694人が本棚に入れています
本棚に追加
「俺がお前に教えようとしている投球術には背筋がものすごく重要なんだ。それで背筋を鍛えるための、うってつけの場所にこれから行く」
広志は少し偉そうに言った。
「その背筋を鍛えるための場所と農作業の農具と関係があるんですか?」
蒼空は訳が分からない感じで尋ねた。
「そうなんだよ、青年。大いに関係がある。とにもかくにも行こう」
広志は笑いながら蒼空を促した。蒼空が歩実の方をみると浮かない顔をしていた。蒼空はそんな歩実のことが気になっていた。
「よし、ここだ」
十五分ぐらい車を走らせたところで広志は車を止めた。
「ん、ここは?」
蒼空が辺りを見渡すとそこは貸し畑だった。
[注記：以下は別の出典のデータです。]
-- ===== src/Tests/Routes.antt =====
-- The index of a mailbox and the routes of GMAP at concrete inputs.
use titlani.Base.{
  true, false, List, [], ◌∷◌, ◌++◌, none, some, ok, Result, ◌≡◌, refl, ◌⊎◌, ltb, length, ◌≤◌, arith,
}
use titlani.Str.Core.{Text, Bytes, codes, starts_with}
use titlani.Str.Number.{digit_in, digit_value}
use titlani.Content.MessageId.{
  skip_digits, skip_stamp, is_id_end, is_message_id, without_suffix, parse_message_id_from_filename,
  word, link_here, link_length, find_links, extract_reply_to_ids, build_reply_link,
}
use titlani.Content.MessageId.Links.{extract_reply_to_ids-build_reply_link}
use titlani.Str.Strip.{is_space, NoSpace}
use titlani.Server.Lists.{contents}
use titlani.Server.State.{lookup}
use titlani.Gmap.Mailbox.{
  MessageEntry, GmapMailbox, GeminiResponse, Raised, text_reply, has_message, is_trashed, ids_where,
  list_all_msgids, handle_tag_list_all, with_tag, add_tag, handle_add_tag, valid_tag,
}
use titlani.Gmap.Index.{
  index, load, save, before, insert_sorted, sorted, file_exists, filenames, keep_existing,
  any_stale, parse_timestamp_from_msgid, new_entry, visit, visit_matching, visit_files,
  visit_patterns, sync_filesystem,
}
use titlani.Gmap.Index.Has.{Has}
use titlani.Gmap.Index.Sync.{sync_filesystem-Has}
use titlani.Gmap.Routes.Lists.{Directory}
use titlani.Gmap.Request.{
  GeminiRequest, host_and_path, without_port, path_and_query, parse_gemini_request, is_path,
  as_name, name_behind, before_end, one_line, msgid_of, is_iso_stamp, tag_since,
}
use titlani.Gmap.Routes.{
  GmapHandler, saving, saved, is_plain_name, lies_inside, is_old, handle_tag_list, tag_named,
  route_tag, with_msgid, route, verify_fingerprint, authenticate_cert, authenticate, serve, answer,
  handle_request, serve_loaded, finish,
}
use titlani.Gmap.Routes.Private.{IsFailure, IsServed, handle_request-IsServed}
use titlani.Str.Split.{split_crlf}
use titlani.Gmap.Connection.{
  Peer, awaitable, max_gemini_request_size, connection_made, process_request, take_line,
  take_buffer, data_received,
}
use titlani.Gmap.Connection.Chunks.{joined, receive_all, waiting, receive_all-take_line}
use titlani.Tests.Machine.{handlers, machine}

unfoldable routes : Unit {0}
unfolding handlers digit_in digit_value skip_digits skip_stamp is_id_end is_message_id
    without_suffix parse_message_id_from_filename has_message is_trashed ids_where list_all_msgids
    handle_tag_list_all with_tag add_tag handle_add_tag valid_tag load save before insert_sorted
    sorted file_exists filenames keep_existing any_stale parse_timestamp_from_msgid new_entry visit
    visit_matching visit_files visit_patterns sync_filesystem host_and_path without_port
    path_and_query parse_gemini_request is_path as_name name_behind before_end one_line msgid_of
    is_iso_stamp tag_since saving saved is_plain_name lies_inside is_old handle_tag_list tag_named
    route_tag with_msgid route verify_fingerprint authenticate_cert authenticate serve answer
    handle_request
routes = tt

abbrev stamp : Text
stamp = codes "20260211T143052Z-a1b2"

ids_read :
    (parse_message_id_from_filename (stamp ++ codes ".gemmail.enc.new") ≡ some stamp)
    × (parse_message_id_from_filename (codes "20260211T143052Z.gemmail")
        ≡ some (codes "20260211T143052Z"))
    × (parse_message_id_from_filename (codes "note.gemmail") ≡ none)
unfolding routes
ids_read = (refl, refl, refl)

abbrev entry : MessageEntry
entry = record {
  tags = codes "Work" ∷ [];
  timestamp = [];
  filename = codes "20250101T000000Z.gemmail";
}

abbrev old_id : Text
old_id = codes "20250101T000000Z"

-- a message that is indexed, and a file that is new
abbrev box : GmapMailbox
box = record {
  messages = (old_id, entry) ∷ [];
  files =
      (stamp ++ codes ".gemmail.new", codes "x")
      ∷ (codes "20250101T000000Z.gemmail", codes "y")
      ∷ [];
}

old-found : lookup old_id box.messages ≡ some entry
unfolding routes
old-found = refl

old-there : file_exists box entry.filename ≡ true
unfolding routes
old-there = refl

sync_filesystem-Has_example :
    Has box old_id (λ i. i.tags ≡ entry.tags) (sync_filesystem machine false box).1.messages
sync_filesystem-Has_example = sync_filesystem-Has machine false box old_id entry old-found old-there

abbrev new_name : Text
new_name = stamp ++ codes ".gemmail.new"

abbrev handler : GmapHandler
handler = record {
  hostname = codes "h";
  resolved_dir = codes "/d";
  resolve = λ m. some (codes "/d/" ++ m);
  recipient_fps = (codes "a", codes "a") ∷ [];
}

abbrev dirs : List (Text × Directory)
dirs =
    (codes "a", record { index = index box.messages; files = box.files; subscribers = contents [] })
    ∷ (codes "b", record { index = index []; files = []; subscribers = contents [] })
    ∷ []

abbrev request : GeminiRequest (Text × Text × Text)
request = record {
  url = codes "gemini://h/tag/Done?20250101T000000Z";
  hostname = codes "h";
  path = codes "/tag/Done";
  query = some old_id;
  client_cert = some (codes "a", codes "h", codes "n");
}

request-parsed :
    parse_gemini_request
      (codes "gemini://h:1958/tag/Done?20250101T000000Z")
      (some (codes "a", codes "h", codes "n"))
    ≡ ok (record request { url = codes "gemini://h:1958/tag/Done?20250101T000000Z" })
unfolding routes
request-parsed = refl

abbrev done : Result Raised GeminiResponse × List (Text × Directory)
done = handle_request machine ltb handler request dirs

tagged : done.0 ≡ ok (text_reply (codes "Tag added"))
unfolding routes serve_loaded finish
tagged = refl

is_private : starts_with (codes "/list/") request.path ≡ false
unfolding routes
is_private = refl

handle_request-IsServed_example :
    ((done.1 ≡ dirs) × IsFailure machine ltb handler dirs done.0)
    ⊎ IsServed machine ltb handler dirs request done.1
handle_request-IsServed_example =
    handle_request-IsServed machine ltb handler dirs request is_private refl

ab-NoSpace : NoSpace (codes "ab")
unfolding is_space
ab-NoSpace = (refl, (refl, tt))

extract_reply_to_ids-build_reply_link_example :
    extract_reply_to_ids (build_reply_link (codes "ab") ++ b'\n' ∷ codes "=> mid:cd x\n")
    ≡ codes "ab" ∷ extract_reply_to_ids (codes "=> mid:cd x\n")
extract_reply_to_ids-build_reply_link_example =
    extract_reply_to_ids-build_reply_link (codes "ab") (codes "=> mid:cd x\n") (λ q. cc q)
      ab-NoSpace

links-read :
    extract_reply_to_ids (codes "hi\n=> mid:ab In reply to\n=>  mid:cd\n => mid:ef\n")
    ≡ codes "ab" ∷ codes "cd" ∷ []
unfolding routes word link_here link_length find_links extract_reply_to_ids
links-read = refl

abbrev visitor : Peer (Text × Text × Text)
visitor = record {
  request_handler = λ r. awaitable;
  loop_running = true;
  certificate = none;
  error_text = λ e. codes "bad";
}

abbrev cut : List Bytes
cut = codes "gemini://h/ta" ∷ codes "g/\r" ∷ codes "\n" ∷ []

cut-line : split_crlf (joined cut) ≡ some (codes "gemini://h/tag/", [])
unfolding routes joined
cut-line = refl

cut-small : length (joined cut) ≤ max_gemini_request_size
unfolding joined
cut-small = omega arith

receive_all-take_line_example :
    receive_all visitor cut (connection_made visitor)
    ≡ take_line visitor (codes "gemini://h/tag/") (waiting visitor (joined cut))
receive_all-take_line_example =
    receive_all-take_line visitor cut (codes "gemini://h/tag/")
      ((λ q. cc q), ((λ q. cc q), ((λ q. cc q), tt))) cut-line cut-small

-- The request is handed on once more with each further piece.
cut-again :
    length
      (receive_all visitor (cut ++ (codes "x" ∷ codes "y" ∷ [])) (connection_made visitor)).tasks
    ≡ 3
unfolding routes connection_made process_request take_line take_buffer data_received receive_all
cut-again = refl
区画が整然とされていていろんな植物が植えられていた。食べる物が多かった。
「ほらよっ。蒼空はこれを使え」
広志が差し出したのは鍬(すき)だった。
「これは何ですか?」
トレーニングと鍬が結びつかない蒼空は質問した。
「これはな、鍬といって畑を耕す道具さ。ほら、こうやって使うんだ」
そう言うと広志は鍬を使って畑を耕し始めた…
最初のコメントを投稿しよう!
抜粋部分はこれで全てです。